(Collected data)
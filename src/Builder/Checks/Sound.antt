-- ===== src/Builder/Checks/Sound.antt =====
-- What a topology that passes the validations is known to be.
use sputter_os.Prelude.{
  ℕ, ◌+◌, ◌≤◌, ◌≡◌, ◌≢◌, ◌⊎◌, ◌==◌, if◌then◌else◌, ◌∙◌, ◌++◌, Bool, ap, map, refl, arith, true,
  false, List, [], ◌∷◌, Option, none, some, All, Option-cases, inl, inr,
}
use sputter_os.Logging.Errors.{ErrorLogger}
use sputter_os.Builder.Checks.{
  crunch_on_core_0, Pinned, CrunchTask, CoreInfo, is_active_core, any_active, all_tasks, is_below,
  has_low_period, occurs, has_duplicate, check_crunch, check_rules, check_late, check_crunches,
  dependencies_hold, validate,
}

-- A scheduled task runs every tick or at no less than the minimum period.
abbrev pub HasPeriod : ℕ → Pinned → Type 0
HasPeriod minimum t =
    t.info.is_scheduled ≡ true → (t.info.period_us ≡ 0) ⊎ (minimum ≤ t.info.period_us)

-- No task is registered twice.
unfoldable pub IsDistinct : List Pinned → Type 0
IsDistinct [] = Unit
IsDistinct (t ∷ ts) = All (λ u. u.info.id ≢ t.info.id) ts × IsDistinct ts

-- A core in crunch mode, at position `c`, is not the first one and has its crunch task for itself.
abbrev pub FitsCrunch : ℕ → ℕ → CoreInfo → Type 0
FitsCrunch minimum c core =
    core.is_crunch ≡ true
    → (c ≢ 0)
      × (core.tasks ≡ [])
      × ((task : CrunchTask) × (core.crunch_task ≡ some task)
          × ((task.crunch_period_us ≡ 0) ⊎ (minimum ≤ task.crunch_period_us)))

unfoldable pub AllFitCrunch : ℕ → ℕ → List CoreInfo → Type 0
AllFitCrunch minimum c [] = Unit
AllFitCrunch minimum c (core ∷ cores) =
    FitsCrunch minimum c core × AllFitCrunch minimum (c + 1) cores

has_low_period-All :
    (minimum : ℕ) (ts : List Pinned)
    → has_low_period minimum ts ≡ false
    → All (HasPeriod minimum) ts
unfolding has_low_period is_below
has_low_period-All minimum [] h = tt
has_low_period-All minimum (t ∷ ts) h =
    ((λ s. ground arith), has_low_period-All minimum ts (ground arith))

occurs-All : (id : ℕ) (ts : List Pinned) → occurs id ts ≡ false → All (λ u. u.info.id ≢ id) ts
unfolding occurs
occurs-All id [] h = tt
occurs-All id (t ∷ ts) h = (ground arith, occurs-All id ts (ground arith))

has_duplicate-IsDistinct : (ts : List Pinned) → has_duplicate ts ≡ false → IsDistinct ts
unfolding has_duplicate IsDistinct
has_duplicate-IsDistinct [] h = tt
has_duplicate-IsDistinct (t ∷ ts) h =
    (occurs-All t.info.id ts (ground arith), has_duplicate-IsDistinct ts (ground arith))

check_rules-none :
    (minimum core_count : ℕ) (p : Option CrunchTask) (ts : List Pinned)
    → check_rules minimum core_count p ts ≡ none
    → (ts ≡ [])
      × ((task : CrunchTask) × (p ≡ some task)
          × ((task.crunch_period_us ≡ 0) ⊎ (minimum ≤ task.crunch_period_us)))
unfolding check_rules is_below
check_rules-none minimum core_count none ts h = absurd (ground arith)
check_rules-none minimum core_count (some task) (t ∷ ts) h = absurd (ground arith)
check_rules-none minimum core_count (some task) [] h = (refl, (task, refl, ground arith))

check_crunch-FitsCrunch :
    (minimum core_count c : ℕ) (core : CoreInfo)
    → check_crunch minimum core_count c core ≡ none
    → FitsCrunch minimum c core
unfolding check_crunch
check_crunch-FitsCrunch minimum core_count c core h crunch =
    let away : c ≢ 0 = ground arith in
    let rules : check_rules minimum core_count core.crunch_task core.tasks ≡ none = ground arith in
    let r = check_rules-none minimum core_count core.crunch_task core.tasks rules in
    (away, r.0, r.1)

check_crunches-AllFitCrunch :
    (minimum core_count c : ℕ) (cores : List CoreInfo)
    → check_crunches minimum core_count c cores ≡ none
    → AllFitCrunch minimum c cores
unfolding check_crunches AllFitCrunch
check_crunches-AllFitCrunch minimum core_count c [] h = tt
check_crunches-AllFitCrunch minimum core_count c (core ∷ cores) h =
    elim (Option-cases (check_crunch minimum core_count c core)) [
      | inl e ↦ (
        check_crunch-FitsCrunch minimum core_count c core e,
        check_crunches-AllFitCrunch minimum core_count (c + 1) cores (ground arith),
      )
      | inr (error, e) ↦ absurd (ground arith)
    ]

dependencies_hold-All :
    (ts : List Pinned) → dependencies_hold ts ≡ true → All (λ t. t.has_dependencies ≡ true) ts
unfolding dependencies_hold
dependencies_hold-All [] h = tt
dependencies_hold-All (t ∷ ts) h = (ground arith, dependencies_hold-All ts (ground arith))

check_late-none :
    (minimum core_count : ℕ) (cores : List CoreInfo)
    → check_late minimum core_count cores ≡ none
    → (check_crunches minimum core_count 0 cores ≡ none)
      × (dependencies_hold (all_tasks cores) ≡ true)
unfolding check_late
check_late-none minimum core_count cores h = ground arith

-- Another crunch task of the same period.
abbrev pub other_task : (ℕ → ℕ) → Option CrunchTask → Option CrunchTask
other_task f none = none
other_task f (some t) = some (record t { crunch_id = f t.crunch_id })

abbrev pub with_other : (ℕ → ℕ) → CoreInfo → CoreInfo
with_other f c = record c { crunch_task = other_task f c.crunch_task }

module _ (f : ℕ → ℕ) where
  is_active_core-other :
      (ts : List Pinned) (crunch : Bool) (p : Option CrunchTask)
      → is_active_core (record { tasks = ts; is_crunch = crunch; crunch_task = other_task f p })
        ≡ is_active_core (record { tasks = ts; is_crunch = crunch; crunch_task = p })
  unfolding is_active_core
  is_active_core-other [] crunch none = refl
  is_active_core-other [] crunch (some t) = refl
  is_active_core-other (t ∷ ts) crunch p = refl

  any_active-other :
      (cores : List CoreInfo) → any_active (map (with_other f) cores) ≡ any_active cores
  unfolding any_active
  any_active-other [] = refl
  any_active-other (c ∷ cs) =
      rw (is_active_core-other c.tasks c.is_crunch c.crunch_task, any_active-other cs) refl

  all_tasks-other : (cores : List CoreInfo) → all_tasks (map (with_other f) cores) ≡ all_tasks cores
  unfolding all_tasks
  all_tasks-other [] = refl
  all_tasks-other (c ∷ cs) = ap (λ l. c.tasks ++ l) (all_tasks-other cs)

  check_rules-other :
      (minimum n : ℕ) (p : Option CrunchTask) (ts : List Pinned)
      → check_rules minimum n (other_task f p) ts ≡ check_rules minimum n p ts
  unfolding check_rules
  check_rules-other minimum n none ts = refl
  check_rules-other minimum n (some t) [] = refl
  check_rules-other minimum n (some t) (u ∷ us) = refl

  check_crunch-other :
      (minimum n c : ℕ) (core : CoreInfo)
      → check_crunch minimum n c (with_other f core) ≡ check_crunch minimum n c core
  unfolding check_crunch
  check_crunch-other minimum n c core =
      ap (λ o. if core.is_crunch then (if c == 0 then some crunch_on_core_0 else o) else none)
        (check_rules-other minimum n core.crunch_task core.tasks)

  check_crunches-other :
      (minimum n c : ℕ) (cores : List CoreInfo)
      → check_crunches minimum n c (map (with_other f) cores) ≡ check_crunches minimum n c cores
  unfolding check_crunches
  check_crunches-other minimum n c [] = refl
  check_crunches-other minimum n c (core ∷ cores) =
      ap
        (λ o. elim o [
          | none ↦ check_crunches minimum n (c + 1) (map (with_other f) cores)
          | some e ↦ some e
        ])
        (check_crunch-other minimum n c core)
      ∙ ap (λ rest. elim (check_crunch minimum n c core) [ none ↦ rest | some e ↦ some e ])
          (check_crunches-other minimum n (c + 1) cores)

  check_late-other :
      (minimum n : ℕ) (cores : List CoreInfo)
      → check_late minimum n (map (with_other f) cores) ≡ check_late minimum n cores
  unfolding check_late
  check_late-other minimum n cores =
      ground (arith, check_crunches-other minimum n 0 cores, all_tasks-other cores)

module _ {F : Type 0} (to_float : ℕ → F) (divide : F → F → F) where
  validate-other :
      (f : ℕ → ℕ) (minimum core_count : ℕ) (cores : List CoreInfo) (l : ErrorLogger F)
      → (validate to_float divide minimum core_count (map (with_other f) cores) l).0
        ≡ (validate to_float divide minimum core_count cores l).0
  unfolding validate
  validate-other f minimum core_count cores l = ground (
    arith,
    any_active-other f cores,
    all_tasks-other f cores,
    check_late-other f minimum core_count cores,
  )

  -- A topology that passes the validations has an active core. Of the tasks in the cores' task lists,
  -- each scheduled one runs every tick or at no less than the minimum period, none stands there twice,
  -- and the dependencies of all hold. A core in crunch mode is not the first, and has one crunch task,
  -- its period 0 or no less than the minimum, and an empty task list. Which tasks the crunch tasks are
  -- is not looked at, so that a crunch task on two cores passes too.
  pub validate_sound :
      (minimum core_count : ℕ) (cores : List CoreInfo) (l : ErrorLogger F)
      → (validate to_float divide minimum core_count cores l).0 ≡ none
      → (any_active cores ≡ true)
        × All (HasPeriod minimum) (all_tasks cores)
        × IsDistinct (all_tasks cores)
        × AllFitCrunch minimum 0 cores
        × All (λ t. t.has_dependencies ≡ true) (all_tasks cores)
        × ((f : ℕ → ℕ)
            → (validate to_float divide minimum core_count (map (with_other f) cores) l).0 ≡ none)
  unfolding validate
  validate_sound minimum core_count cores l h =
      let active : any_active cores ≡ true = ground arith in
      let floor : has_low_period minimum (all_tasks cores) ≡ false = ground arith in
      let once : has_duplicate (all_tasks cores) ≡ false = ground arith in
      let late : check_late minimum core_count cores ≡ none = ground arith in
      let (crunch, deps) = check_late-none minimum core_count cores late in
      (
        active,
        has_low_period-All minimum (all_tasks cores) floor,
        has_duplicate-IsDistinct (all_tasks cores) once,
        check_crunches-AllFitCrunch minimum core_count 0 cores crunch,
        dependencies_hold-All (all_tasks cores) deps,
        λ f. validate-other f minimum core_count cores l ∙ h,
      )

● Activity:
In the entries above, find the line with "check_crunches-AllFitCrunch minimum core_count 0", then retype it and every line after it exactly.

● Solution to the problem:
        check_crunches-AllFitCrunch minimum core_count 0 cores crunch,
        dependencies_hold-All (all_tasks cores) deps,
        λ f. validate-other f minimum core_count cores l ∙ h,
      )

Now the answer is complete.